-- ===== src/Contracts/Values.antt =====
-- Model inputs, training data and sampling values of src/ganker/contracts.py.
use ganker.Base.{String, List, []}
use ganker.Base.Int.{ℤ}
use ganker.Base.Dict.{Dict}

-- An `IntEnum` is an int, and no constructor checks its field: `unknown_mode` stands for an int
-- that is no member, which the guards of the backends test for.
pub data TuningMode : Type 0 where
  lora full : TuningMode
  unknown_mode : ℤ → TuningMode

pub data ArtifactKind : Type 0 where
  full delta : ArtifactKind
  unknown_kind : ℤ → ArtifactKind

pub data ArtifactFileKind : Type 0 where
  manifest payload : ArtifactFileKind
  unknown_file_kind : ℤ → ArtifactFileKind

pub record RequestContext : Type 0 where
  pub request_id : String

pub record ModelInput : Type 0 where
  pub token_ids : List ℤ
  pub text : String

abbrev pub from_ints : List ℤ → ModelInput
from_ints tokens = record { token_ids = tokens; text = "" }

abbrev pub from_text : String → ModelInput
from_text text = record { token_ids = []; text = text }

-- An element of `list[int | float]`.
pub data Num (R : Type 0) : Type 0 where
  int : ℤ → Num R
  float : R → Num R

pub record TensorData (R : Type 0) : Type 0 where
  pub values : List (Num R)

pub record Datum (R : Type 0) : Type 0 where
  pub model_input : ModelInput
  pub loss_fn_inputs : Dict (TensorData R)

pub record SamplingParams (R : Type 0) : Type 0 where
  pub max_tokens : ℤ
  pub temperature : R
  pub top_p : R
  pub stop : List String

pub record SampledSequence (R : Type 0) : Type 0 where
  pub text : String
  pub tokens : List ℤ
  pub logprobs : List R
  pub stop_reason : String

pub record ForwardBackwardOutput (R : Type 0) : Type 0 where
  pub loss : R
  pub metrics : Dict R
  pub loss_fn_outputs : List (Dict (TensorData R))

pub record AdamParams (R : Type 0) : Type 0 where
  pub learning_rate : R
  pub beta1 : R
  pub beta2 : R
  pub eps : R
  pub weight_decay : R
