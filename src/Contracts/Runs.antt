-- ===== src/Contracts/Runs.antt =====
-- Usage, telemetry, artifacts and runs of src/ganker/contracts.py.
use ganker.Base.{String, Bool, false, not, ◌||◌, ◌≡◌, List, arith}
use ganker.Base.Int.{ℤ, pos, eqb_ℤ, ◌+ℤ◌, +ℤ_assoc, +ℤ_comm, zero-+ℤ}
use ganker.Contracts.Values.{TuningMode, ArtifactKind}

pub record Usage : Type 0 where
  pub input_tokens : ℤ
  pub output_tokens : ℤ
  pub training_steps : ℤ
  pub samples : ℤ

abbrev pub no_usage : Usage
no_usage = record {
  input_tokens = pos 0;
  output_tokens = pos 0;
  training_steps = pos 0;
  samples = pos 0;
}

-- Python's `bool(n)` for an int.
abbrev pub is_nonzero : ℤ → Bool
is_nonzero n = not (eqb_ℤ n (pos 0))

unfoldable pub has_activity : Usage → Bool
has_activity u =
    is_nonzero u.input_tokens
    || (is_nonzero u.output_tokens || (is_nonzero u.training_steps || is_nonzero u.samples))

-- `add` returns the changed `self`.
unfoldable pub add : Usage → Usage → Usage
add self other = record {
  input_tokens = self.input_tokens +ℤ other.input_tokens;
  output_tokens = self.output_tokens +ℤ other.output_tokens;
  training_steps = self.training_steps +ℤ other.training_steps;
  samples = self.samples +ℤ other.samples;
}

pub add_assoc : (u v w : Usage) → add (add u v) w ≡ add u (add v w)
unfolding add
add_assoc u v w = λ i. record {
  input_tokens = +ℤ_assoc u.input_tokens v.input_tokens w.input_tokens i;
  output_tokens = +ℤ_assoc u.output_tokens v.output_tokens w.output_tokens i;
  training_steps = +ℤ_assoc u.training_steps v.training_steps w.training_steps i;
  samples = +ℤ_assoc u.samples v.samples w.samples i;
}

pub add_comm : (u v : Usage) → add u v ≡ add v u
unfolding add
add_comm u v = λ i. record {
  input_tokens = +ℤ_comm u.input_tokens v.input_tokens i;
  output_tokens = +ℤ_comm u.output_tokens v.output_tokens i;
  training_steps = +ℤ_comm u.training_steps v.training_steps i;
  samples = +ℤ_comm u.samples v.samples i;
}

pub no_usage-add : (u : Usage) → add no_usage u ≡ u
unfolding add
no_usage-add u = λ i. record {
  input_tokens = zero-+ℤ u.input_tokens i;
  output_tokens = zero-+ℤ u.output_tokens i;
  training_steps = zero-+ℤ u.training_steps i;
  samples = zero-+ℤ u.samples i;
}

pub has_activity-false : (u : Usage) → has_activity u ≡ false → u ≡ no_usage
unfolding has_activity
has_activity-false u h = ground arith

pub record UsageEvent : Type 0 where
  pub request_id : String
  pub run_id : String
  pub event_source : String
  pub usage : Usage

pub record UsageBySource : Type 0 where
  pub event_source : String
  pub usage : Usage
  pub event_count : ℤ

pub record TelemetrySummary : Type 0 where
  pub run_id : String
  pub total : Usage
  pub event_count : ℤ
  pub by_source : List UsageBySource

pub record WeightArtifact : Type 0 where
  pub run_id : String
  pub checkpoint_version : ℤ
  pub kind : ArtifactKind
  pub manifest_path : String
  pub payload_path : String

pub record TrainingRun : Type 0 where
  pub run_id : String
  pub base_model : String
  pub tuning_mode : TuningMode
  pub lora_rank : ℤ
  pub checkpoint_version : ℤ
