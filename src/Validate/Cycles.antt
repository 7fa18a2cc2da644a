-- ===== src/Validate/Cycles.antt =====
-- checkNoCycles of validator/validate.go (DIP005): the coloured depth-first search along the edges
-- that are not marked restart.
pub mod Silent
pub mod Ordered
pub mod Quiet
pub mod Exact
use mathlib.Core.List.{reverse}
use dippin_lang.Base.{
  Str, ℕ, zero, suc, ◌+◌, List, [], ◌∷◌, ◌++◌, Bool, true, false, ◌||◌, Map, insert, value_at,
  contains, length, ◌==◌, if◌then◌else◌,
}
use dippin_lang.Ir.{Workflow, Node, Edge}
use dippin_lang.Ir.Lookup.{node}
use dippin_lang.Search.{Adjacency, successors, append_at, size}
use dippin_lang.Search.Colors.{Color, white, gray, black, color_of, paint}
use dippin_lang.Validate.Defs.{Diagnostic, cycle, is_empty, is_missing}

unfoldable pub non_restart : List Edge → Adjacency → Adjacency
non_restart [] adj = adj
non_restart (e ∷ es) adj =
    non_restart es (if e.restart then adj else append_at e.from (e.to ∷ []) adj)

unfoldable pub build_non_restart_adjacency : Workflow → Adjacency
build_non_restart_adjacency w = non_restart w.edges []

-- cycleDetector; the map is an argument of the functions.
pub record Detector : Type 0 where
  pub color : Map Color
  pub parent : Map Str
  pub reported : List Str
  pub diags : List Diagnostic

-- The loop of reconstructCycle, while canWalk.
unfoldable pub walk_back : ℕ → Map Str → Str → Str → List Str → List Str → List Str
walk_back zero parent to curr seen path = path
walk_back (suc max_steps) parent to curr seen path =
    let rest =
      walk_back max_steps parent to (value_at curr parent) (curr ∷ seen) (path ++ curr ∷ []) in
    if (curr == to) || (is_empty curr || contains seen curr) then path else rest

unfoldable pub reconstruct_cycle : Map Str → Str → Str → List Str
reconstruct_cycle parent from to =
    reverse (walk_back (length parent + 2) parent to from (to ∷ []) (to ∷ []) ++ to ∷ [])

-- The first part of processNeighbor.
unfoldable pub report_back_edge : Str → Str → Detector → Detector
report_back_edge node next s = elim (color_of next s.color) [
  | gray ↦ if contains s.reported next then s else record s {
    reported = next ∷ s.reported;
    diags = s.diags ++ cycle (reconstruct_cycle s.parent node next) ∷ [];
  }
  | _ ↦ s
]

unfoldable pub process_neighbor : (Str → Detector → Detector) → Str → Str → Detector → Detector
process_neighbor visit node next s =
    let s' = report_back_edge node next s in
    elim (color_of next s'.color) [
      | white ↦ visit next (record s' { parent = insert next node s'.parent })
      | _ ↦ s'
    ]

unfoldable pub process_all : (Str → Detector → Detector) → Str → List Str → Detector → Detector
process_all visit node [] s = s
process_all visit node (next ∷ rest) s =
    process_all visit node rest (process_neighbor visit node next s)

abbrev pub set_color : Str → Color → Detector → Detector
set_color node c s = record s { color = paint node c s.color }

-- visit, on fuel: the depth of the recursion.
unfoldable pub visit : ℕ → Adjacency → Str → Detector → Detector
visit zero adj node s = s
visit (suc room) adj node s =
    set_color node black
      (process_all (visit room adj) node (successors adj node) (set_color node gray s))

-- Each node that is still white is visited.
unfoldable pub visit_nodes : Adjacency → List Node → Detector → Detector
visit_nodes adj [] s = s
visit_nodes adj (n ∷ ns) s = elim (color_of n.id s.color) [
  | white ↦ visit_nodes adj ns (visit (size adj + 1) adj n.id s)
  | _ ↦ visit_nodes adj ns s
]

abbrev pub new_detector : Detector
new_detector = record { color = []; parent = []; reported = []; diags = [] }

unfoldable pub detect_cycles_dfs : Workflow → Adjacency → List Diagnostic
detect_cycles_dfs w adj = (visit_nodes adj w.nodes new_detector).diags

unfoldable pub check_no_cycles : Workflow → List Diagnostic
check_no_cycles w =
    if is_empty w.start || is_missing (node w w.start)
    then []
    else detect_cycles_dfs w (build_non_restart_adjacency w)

□ □ □ □

* _Activity_:
Scan the listing above for the line that has "unfoldable pub process_neighbor", then copy exactly from that line through the line that has "process_all visit node [] s = s".

* _Written answer_:
unfoldable pub process_neighbor : (Str → Detector → Detector) → Str → Str → Detector → Detector
process_neighbor visit node next s =
    let s' = report_back_edge node next s in
    elim (color_of next s'.color) [
      | white ↦ visit next (record s' { parent = insert next node s'.parent })
      | _ ↦ s'
    ]

unfoldable pub process_all : (Str → Detector → Detector) → Str → List Str → Detector → Detector
process_all visit node [] s = s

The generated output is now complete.